TASK BRIEF: Each entry below is to be copied verbatim, with no line missing.

(Stored data)
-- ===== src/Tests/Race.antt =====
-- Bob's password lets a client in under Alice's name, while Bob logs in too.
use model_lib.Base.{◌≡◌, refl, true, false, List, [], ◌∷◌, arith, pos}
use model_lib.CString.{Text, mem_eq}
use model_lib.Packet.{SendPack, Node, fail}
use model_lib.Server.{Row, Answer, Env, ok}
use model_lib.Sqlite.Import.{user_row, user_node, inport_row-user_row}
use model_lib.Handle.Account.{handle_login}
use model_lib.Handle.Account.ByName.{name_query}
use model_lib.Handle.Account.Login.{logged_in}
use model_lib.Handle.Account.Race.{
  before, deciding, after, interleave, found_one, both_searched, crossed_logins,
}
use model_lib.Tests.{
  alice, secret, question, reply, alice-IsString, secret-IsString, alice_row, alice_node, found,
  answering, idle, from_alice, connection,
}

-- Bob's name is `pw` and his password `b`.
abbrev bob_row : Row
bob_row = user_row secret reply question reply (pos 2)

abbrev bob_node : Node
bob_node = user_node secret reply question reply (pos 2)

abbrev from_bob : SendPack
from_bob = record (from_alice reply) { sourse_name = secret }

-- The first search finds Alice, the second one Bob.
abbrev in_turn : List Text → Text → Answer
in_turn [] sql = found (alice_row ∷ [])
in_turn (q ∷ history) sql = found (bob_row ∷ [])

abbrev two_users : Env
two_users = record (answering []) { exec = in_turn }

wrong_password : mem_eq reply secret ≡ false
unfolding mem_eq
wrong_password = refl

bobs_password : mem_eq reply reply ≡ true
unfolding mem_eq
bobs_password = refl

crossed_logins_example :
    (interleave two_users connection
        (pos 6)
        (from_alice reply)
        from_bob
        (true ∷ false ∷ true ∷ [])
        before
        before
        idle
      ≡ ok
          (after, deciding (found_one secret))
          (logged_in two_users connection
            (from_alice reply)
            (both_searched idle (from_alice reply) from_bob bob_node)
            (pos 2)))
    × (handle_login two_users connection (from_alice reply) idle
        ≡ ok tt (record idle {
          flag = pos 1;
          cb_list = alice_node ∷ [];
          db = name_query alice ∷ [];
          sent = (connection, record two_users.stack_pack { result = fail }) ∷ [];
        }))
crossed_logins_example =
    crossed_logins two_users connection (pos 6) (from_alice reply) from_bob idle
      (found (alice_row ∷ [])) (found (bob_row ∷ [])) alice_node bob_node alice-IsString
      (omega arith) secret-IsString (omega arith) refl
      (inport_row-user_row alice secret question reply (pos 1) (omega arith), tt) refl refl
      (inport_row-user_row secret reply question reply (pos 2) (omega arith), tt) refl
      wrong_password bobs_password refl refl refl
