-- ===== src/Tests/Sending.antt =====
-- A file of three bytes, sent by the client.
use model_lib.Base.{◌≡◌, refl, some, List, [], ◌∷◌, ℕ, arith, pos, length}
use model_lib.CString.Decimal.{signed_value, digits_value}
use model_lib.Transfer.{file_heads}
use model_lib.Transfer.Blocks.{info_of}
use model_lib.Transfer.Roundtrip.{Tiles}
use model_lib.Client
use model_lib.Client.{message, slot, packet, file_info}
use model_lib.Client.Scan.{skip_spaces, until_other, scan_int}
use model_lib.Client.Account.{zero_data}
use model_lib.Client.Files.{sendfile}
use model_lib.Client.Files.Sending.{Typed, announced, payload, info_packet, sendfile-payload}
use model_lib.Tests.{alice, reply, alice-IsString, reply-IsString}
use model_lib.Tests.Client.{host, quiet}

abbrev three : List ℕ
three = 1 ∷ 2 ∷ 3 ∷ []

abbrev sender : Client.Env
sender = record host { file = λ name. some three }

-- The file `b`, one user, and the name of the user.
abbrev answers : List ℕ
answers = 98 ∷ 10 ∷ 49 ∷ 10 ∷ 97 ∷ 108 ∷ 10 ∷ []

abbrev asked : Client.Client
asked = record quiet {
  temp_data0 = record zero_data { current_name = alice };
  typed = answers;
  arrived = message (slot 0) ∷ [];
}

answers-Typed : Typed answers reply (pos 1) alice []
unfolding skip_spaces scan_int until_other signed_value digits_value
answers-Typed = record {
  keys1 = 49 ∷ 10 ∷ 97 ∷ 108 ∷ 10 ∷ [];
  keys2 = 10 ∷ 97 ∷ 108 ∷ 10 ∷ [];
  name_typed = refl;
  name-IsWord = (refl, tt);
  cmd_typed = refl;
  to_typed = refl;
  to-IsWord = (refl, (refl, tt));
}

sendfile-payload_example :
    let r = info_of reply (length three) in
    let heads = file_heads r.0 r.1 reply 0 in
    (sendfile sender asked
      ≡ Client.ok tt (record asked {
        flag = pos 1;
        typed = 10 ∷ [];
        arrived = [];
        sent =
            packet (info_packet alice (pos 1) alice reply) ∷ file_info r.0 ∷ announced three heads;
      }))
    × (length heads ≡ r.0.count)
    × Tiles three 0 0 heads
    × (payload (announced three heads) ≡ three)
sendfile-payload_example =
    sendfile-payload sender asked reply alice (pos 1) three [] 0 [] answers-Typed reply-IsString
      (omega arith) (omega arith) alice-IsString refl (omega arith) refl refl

FINAL ANSWER:
-- ===== src/Tests/Race.antt =====
-- Bob's password lets a client in under Alice's name, while Bob logs in too.
use model_lib.Base.{◌≡◌, refl, true, false, List, [], ◌∷◌, arith, pos}
use model_lib.CString.{Text, mem_eq}
use model_lib.Packet.{SendPack, Node, fail}
use model_lib.Server.{Row, Answer, Env, ok}
use model_lib.Sqlite.Import.{user_row, user_node, inport_row-user_row}
use model_lib.Handle.Account.{handle_login}
use model_lib.Handle.Account.ByName.{name_query}
use model_lib.Handle.Account.Login.{logged_in}
use model_lib.Handle.Account.Race.{
  before, deciding, after, interleave, found_one, both_searched, crossed_logins,
}
use model_lib.Tests.{
  alice, secret, question, reply, alice-IsString, secret-IsString, alice_row, alice_node, found,
  answering, idle, from_alice, connection,
}

-- Bob's name is `pw` and his password `b`.
abbrev bob_row : Row
bob_row = user_row secret reply question reply (pos 2)

abbrev bob_node : Node
bob_node = user_node secret reply question reply (pos 2)

abbrev from_bob : SendPack
from_bob = record (from_alice reply) { sourse_name = secret }

-- The first search finds Alice, the second one Bob.
abbrev in_turn : List Text → Text → Answer
in_turn [] sql = found (alice_row ∷ [])
in_turn (q ∷ history) sql = found (bob_row ∷ [])

abbrev two_users : Env
two_users = record (answering []) { exec = in_turn }

wrong_password : mem_eq reply secret ≡ false
unfolding mem_eq
wrong_password = refl

bobs_password : mem_eq reply reply ≡ true
unfolding mem_eq
bobs_password = refl

crossed_logins_example :
    (interleave two_users connection
        (pos 6)
        (from_alice reply)
        from_bob
        (true ∷ false ∷ true ∷ [])
        before
        before
        idle
      ≡ ok
          (after, deciding (found_one secret))
          (logged_in two_users connection
            (from_alice reply)
            (both_searched idle (from_alice reply) from_bob bob_node)
            (pos 2)))
    × (handle_login two_users connection (from_alice reply) idle
        ≡ ok tt (record idle {
          flag = pos 1;
          cb_list = alice_node ∷ [];
          db = name_query alice ∷ [];
          sent = (connection, record two_users.stack_pack { result = fail }) ∷ [];
        }))
crossed_logins_example =
    crossed_logins two_users connection (pos 6) (from_alice reply) from_bob idle
      (found (alice_row ∷ [])) (found (bob_row ∷ [])) alice_node bob_node alice-IsString
      (omega arith) secret-IsString (omega arith) refl
      (inport_row-user_row alice secret question reply (pos 1) (omega arith), tt) refl refl
      (inport_row-user_row secret reply question reply (pos 2) (omega arith), tt) refl
      wrong_password bobs_password refl refl refl
-- ===== src/Tests/Sending.antt =====
-- A file of three bytes, sent by the client.
use model_lib.Base.{◌≡◌, refl, some, List, [], ◌∷◌, ℕ, arith, pos, length}
use model_lib.CString.Decimal.{signed_value, digits_value}
use model_lib.Transfer.{file_heads}
use model_lib.Transfer.Blocks.{info_of}
use model_lib.Transfer.Roundtrip.{Tiles}
use model_lib.Client
use model_lib.Client.{message, slot, packet, file_info}
use model_lib.Client.Scan.{skip_spaces, until_other, scan_int}
use model_lib.Client.Account.{zero_data}
use model_lib.Client.Files.{sendfile}
use model_lib.Client.Files.Sending.{Typed, announced, payload, info_packet, sendfile-payload}
use model_lib.Tests.{alice, reply, alice-IsString, reply-IsString}
use model_lib.Tests.Client.{host, quiet}

abbrev three : List ℕ
three = 1 ∷ 2 ∷ 3 ∷ []

abbrev sender : Client.Env
sender = record host { file = λ name. some three }

-- The file `b`, one user, and the name of the user.
abbrev answers : List ℕ
answers = 98 ∷ 10 ∷ 49 ∷ 10 ∷ 97 ∷ 108 ∷ 10 ∷ []

abbrev asked : Client.Client
asked = record quiet {
  temp_data0 = record zero_data { current_name = alice };
  typed = answers;
  arrived = message (slot 0) ∷ [];
}

answers-Typed : Typed answers reply (pos 1) alice []
unfolding skip_spaces scan_int until_other signed_value digits_value
answers-Typed = record {
  keys1 = 49 ∷ 10 ∷ 97 ∷ 108 ∷ 10 ∷ [];
  keys2 = 10 ∷ 97 ∷ 108 ∷ 10 ∷ [];
  name_typed = refl;
  name-IsWord = (refl, tt);
  cmd_typed = refl;
  to_typed = refl;
  to-IsWord = (refl, (refl, tt));
}

sendfile-payload_example :
    let r = info_of reply (length three) in
    let heads = file_heads r.0 r.1 reply 0 in
    (sendfile sender asked
      ≡ Client.ok tt (record asked {
        flag = pos 1;
        typed = 10 ∷ [];
        arrived = [];
        sent =
            packet (info_packet alice (pos 1) alice reply) ∷ file_info r.0 ∷ announced three heads;
      }))
    × (length heads ≡ r.0.count)
    × Tiles three 0 0 heads
    × (payload (announced three heads) ≡ three)
sendfile-payload_example =
    sendfile-payload sender asked reply alice (pos 1) three [] 0 [] answers-Typed reply-IsString
      (omega arith) (omega arith) alice-IsString refl (omega arith) refl refl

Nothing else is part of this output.